I am so sick of this mess. When this info from a study done by an EMS group out in AZ I think, came out a couple of weeks ago, AHA said that they weren't going to change CPR guidelines due to lack of appropriate study on the subject. Now suddenly they are looking at endorsing it???

This last time I renewed ACLS they were pushing compressions instead of defib, stating that there were not enough good outcomes.
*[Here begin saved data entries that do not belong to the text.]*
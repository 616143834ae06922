-- ===== src/Lease/Begin.antt =====
-- What a lease is good for: while it lives, nobody else takes the file, and no call of another
-- process frees it.
use aaaos_renovation_agent_o.Prelude.{
  ℕ, ◌+◌, ◌<◌, ◌≡◌, ◌≢◌, refl, true, false, ◌&&◌, Option, none, some, List, [], ◌∷◌, arith, u64,
  Bool-cases, inl, inr, ◌⊎◌, has_bit,
}
use aaaos_renovation_agent_o.Proc.{Proc, Lease, ok, busy, cap_lease_acquire}
use aaaos_renovation_agent_o.Lease.{
  Inode, Leases, reap_expired, reap_pid, holds, is_leased, place, grant, begin_locked, lease_begin,
  commit_slot, commit_table, lease_commit, abort_table, lease_abort, is_owner, bears, placed,
}
use aaaos_renovation_agent_o.Lease.Inv.{
  Call, begins, commits, aborts, exits, ticks, step, place-cases,
}

-- The table has the lease in some slot.
abbrev pub Has : Lease → List Lease → Type 0
Has l [] = ⊥
Has l (m ∷ ms) = (m ≡ l) ⊎ Has l ms

module _ (l : Lease) (live : l.used ≡ true) where
  reap_expired-Has :
      (now : ℕ) (ls : List Lease) → now < l.expiry_tick → Has l ls → Has l (reap_expired now ls)
  unfolding reap_expired
  reap_expired-Has now [] t h = h
  reap_expired-Has now (m ∷ ls) t (inl e) = inl (ground arith)
  reap_expired-Has now (m ∷ ls) t (inr h) = inr (reap_expired-Has now ls t h)

  reap_pid-Has :
      (pid : ℕ) (ls : List Lease) → l.owner_pid ≢ pid → Has l ls → Has l (reap_pid pid ls)
  unfolding reap_pid
  reap_pid-Has pid [] t h = h
  reap_pid-Has pid (m ∷ ls) t (inl e) = inl (ground arith)
  reap_pid-Has pid (m ∷ ls) t (inr h) = inr (reap_pid-Has pid ls t h)

  place-Has : (new : Lease) (ls ms : List Lease) → place new ls ≡ some ms → Has l ls → Has l ms
  place-Has new [] ms e h = absurd h
  place-Has new (m ∷ ls) ms e (inl d) = elim (place-cases new m ls ms e) [
    | inl (u, r) ↦ absurd (ground arith)
    | inr (rest, p, r) ↦ rw r (inl d)
  ]
  place-Has new (m ∷ ls) ms e (inr h) = elim (place-cases new m ls ms e) [
    | inl (u, r) ↦ rw r (inr h)
    | inr (rest, p, r) ↦ rw r (inr (place-Has new ls rest p h))
  ]

  commit_slot-keeps : (p : Proc) (now : ℕ) → is_owner p l ≡ false → (commit_slot p now l).1 ≡ l
  unfolding commit_slot
  commit_slot-keeps p now h = ground arith

  commit_table-Has :
      (p : Proc) (id now : ℕ) (ls : List Lease)
      → is_owner p l ≡ false
      → Has l ls
      → Has l (commit_table p id now ls).1
  unfolding commit_table
  commit_table-Has p id now [] o h = h
  commit_table-Has p id now (m ∷ ls) o (inl e) = elim (Bool-cases (bears id m)) [
    | inl b ↦ rw (b, commit_table) (inl (rw e (commit_slot-keeps p now o)))
    | inr b ↦ rw (b, commit_table) (inl e)
  ]
  commit_table-Has p id now (m ∷ ls) o (inr h) = elim (Bool-cases (bears id m)) [
    | inl b ↦ rw (b, commit_table) (inr h)
    | inr b ↦ rw (b, commit_table) (inr (commit_table-Has p id now ls o h))
  ]

  not_mine :
      (p : Proc) (id : ℕ) (m : Lease)
      → is_owner p l ≡ false
      → m ≡ l
      → (bears id m && is_owner p m) ≡ false
  not_mine p id m o e = rw (e, o) (ground arith)

  abort_table-Has :
      (p : Proc) (id : ℕ) (ls : List Lease)
      → is_owner p l ≡ false
      → Has l ls
      → Has l (abort_table p id ls).1
  unfolding abort_table
  abort_table-Has p id [] o h = h
  abort_table-Has p id (m ∷ ls) o (inl e) = rw (not_mine p id m o e, abort_table) (inl e)
  abort_table-Has p id (m ∷ ls) o (inr h) = ground (arith, abort_table-Has p id ls o h)

  placed-Has :
      (reaped : List Lease) (id : ℕ) (new : Lease) (o : Option (List Lease))
      → place new reaped ≡ o
      → Has l reaped
      → Has l (placed reaped id o).1.table
  placed-Has reaped id new none e h = h
  placed-Has reaped id new (some ms) e h = place-Has new reaped ms e h

  begin-Has :
      (p : Proc) (file : Option Inode) (now : ℕ) (s : Leases)
      → now < l.expiry_tick
      → Has l s.table
      → Has l (lease_begin p file now s).1.table
  unfolding lease_begin begin_locked
  begin-Has p none now s t h = ground arith
  begin-Has p (some ip) now s t h =
      let kept = reap_expired-Has now s.table t h in
      let new = grant p ip (u64 (s.next_lease_id + 1)) now in
      ground (
        arith,
        kept,
        placed-Has (reap_expired now s.table) s.next_lease_id new
            (place new (reap_expired now s.table)) refl kept,
      )

-- The calls that may free the lease: its owner's commit and abort, and the exit of its owner's pid.
abbrev pub Spares : Lease → Call → Type 0
Spares l (begins p file) = Unit {0}
Spares l (commits p id expected_version) = is_owner p l ≡ false
Spares l (aborts p id) = is_owner p l ≡ false
Spares l (exits pid) = l.owner_pid ≢ pid
Spares l ticks = Unit {0}

-- Before it expires, a lease stays in the table through every call that is not its owner's commit or
-- abort, or its owner's exit.
pub step-keeps :
    (l : Lease) (now : ℕ) (c : Call) (s : Leases)
    → l.used ≡ true
    → now < l.expiry_tick
    → Spares l c
    → Has l s.table
    → Has l (step now c s).table
unfolding step lease_commit lease_abort
step-keeps l now (begins p file) s u t o h = begin-Has l u p file now s t h
step-keeps l now (commits p id _) s u t o h = commit_table-Has l u p id now s.table o h
step-keeps l now (aborts p id) s u t o h = abort_table-Has l u p id s.table o h
step-keeps l now (exits pid) s u t o h = reap_pid-Has l u pid s.table o h
step-keeps l now ticks s u t o h = reap_expired-Has l u now s.table t h

leased :
    (l : Lease) (now : ℕ) (ls : List Lease)
    → l.used ≡ true
    → now < l.expiry_tick
    → Has l ls
    → is_leased l.dev l.inum now ls ≡ true
unfolding is_leased holds
leased l now [] u t h = absurd h
leased l now (m ∷ ls) u t (inl e) = ground arith
leased l now (m ∷ ls) u t (inr h) = ground (arith, leased l now ls u t h)

pub begin-busy :
    (l : Lease) (q : Proc) (ip : Inode) (now : ℕ) (s : Leases)
    → l.used ≡ true
    → now < l.expiry_tick
    → Has l s.table
    → l.dev ≡ ip.dev
    → l.inum ≡ ip.inum
    → ip.is_file ≡ true
    → has_bit cap_lease_acquire q.agent_capabilities ≡ true
    → (lease_begin q (some ip) now s).0 ≡ busy
unfolding lease_begin begin_locked
begin-busy l q ip now s u t h d i f c =
    ground
      (arith, leased l now (reap_expired now s.table) u t (reap_expired-Has l u now s.table t h))

Has-placed : (new : Lease) (ls ms : List Lease) → place new ls ≡ some ms → Has new ms
Has-placed new [] ms e = absurd (unfold place in cc)
Has-placed new (l ∷ ls) ms e = elim (place-cases new l ls ms e) [
  | inl (u, r) ↦ rw r (inl refl)
  | inr (rest, p, r) ↦ rw r (inr (Has-placed new ls rest p))
]

placed-ok :
    (reaped : List Lease) (id : ℕ) (new : Lease) (o : Option (List Lease))
    → place new reaped ≡ o
    → (placed reaped id o).0 ≡ ok
    → Has new (placed reaped id o).1.table × ((placed reaped id o).1.next_lease_id ≡ u64 (id + 1))
placed-ok reaped id new none e h = absurd (cc)
placed-ok reaped id new (some ms) e h = (Has-placed new reaped ms e, refl)

granted :
    (p : Proc) (ip : Inode) (now : ℕ) (s : Leases)
    → (lease_begin p (some ip) now s).0 ≡ ok
    → let s' = (lease_begin p (some ip) now s).1 in
      Has (grant p ip s'.next_lease_id now) s'.table
      × (is_leased ip.dev ip.inum now (reap_expired now s.table) ≡ false)
      × (ip.is_file ≡ true)
unfolding lease_begin begin_locked
granted p ip now s h =
    let new = grant p ip (u64 (s.next_lease_id + 1)) now in
    ground (
      arith,
      placed-ok (reap_expired now s.table) s.next_lease_id new
          (place new (reap_expired now s.table)) refl,
    )

-- The lease of a file that a process holds with an id, to an end
abbrev pub LeaseOf : Proc → Inode → ℕ → ℕ → Lease → Type 0
LeaseOf p ip id end l =
    (l.used ≡ true)
    × (l.dev ≡ ip.dev)
    × (l.inum ≡ ip.inum)
    × (l.owner_pid ≡ p.pid)
    × (l.owner_generation ≡ p.identity_generation)
    × (l.lease_id ≡ id)
    × (l.expiry_tick ≡ end)

-- A lease_begin that succeeds puts into the table a lease of the file, owned by the caller's pid and
-- generation, with the id that it returns and 200 ticks to live, and the file had no live lease
-- before. On the table that it leaves, a lease_begin on the file by any process with
-- LEASE_ACQUIRE, the caller included, is BUSY for these 200 ticks.
pub begin-grants :
    (p : Proc) (ip : Inode) (now : ℕ) (s : Leases)
    → (lease_begin p (some ip) now s).0 ≡ ok
    → let s' = (lease_begin p (some ip) now s).1 in
      ((l : Lease) × Has l s'.table × LeaseOf p ip s'.next_lease_id (now + 200) l)
      × (is_leased ip.dev ip.inum now (reap_expired now s.table) ≡ false)
      × ((q : Proc) (later : ℕ)
          → later < now + 200
          → has_bit cap_lease_acquire q.agent_capabilities ≡ true
          → (lease_begin q (some ip) later s').0 ≡ busy)
unfolding grant
begin-grants p ip now s h =
    let s' = (lease_begin p (some ip) now s).1 in
    let (g, n, f) = granted p ip now s h in
    let l = grant p ip s'.next_lease_id now in
    (
      (l, g, (refl, refl, refl, refl, refl, refl, refl)),
      n,
      λ q later t c. begin-busy l q ip later s' refl t g refl refl f c,
    )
Of course when I renewed ACLS prior to a year ago, the focus was on fast defib and not worry so much about CPR. And prior to that the focus had been on CPR and not defib, and on and on back to the dark ages of ACLS when people actually had to know something to pass the class.

Last week I read an article that said that people weren't being shocked in a timely fashion, particularly in hospitals, and that CPR was fine but defib was needed more.

Frankly - I believe it is all a crock. We are not God and we cannot save every life on the planet. The AHA changes their tune at every symposium because there aren't enough good outcomes. There isn't going to be a good outcome for every patient because we do not have the power to raise people from the dead. We can save some but not all, and certainly not all will come out without anoxic brain injury.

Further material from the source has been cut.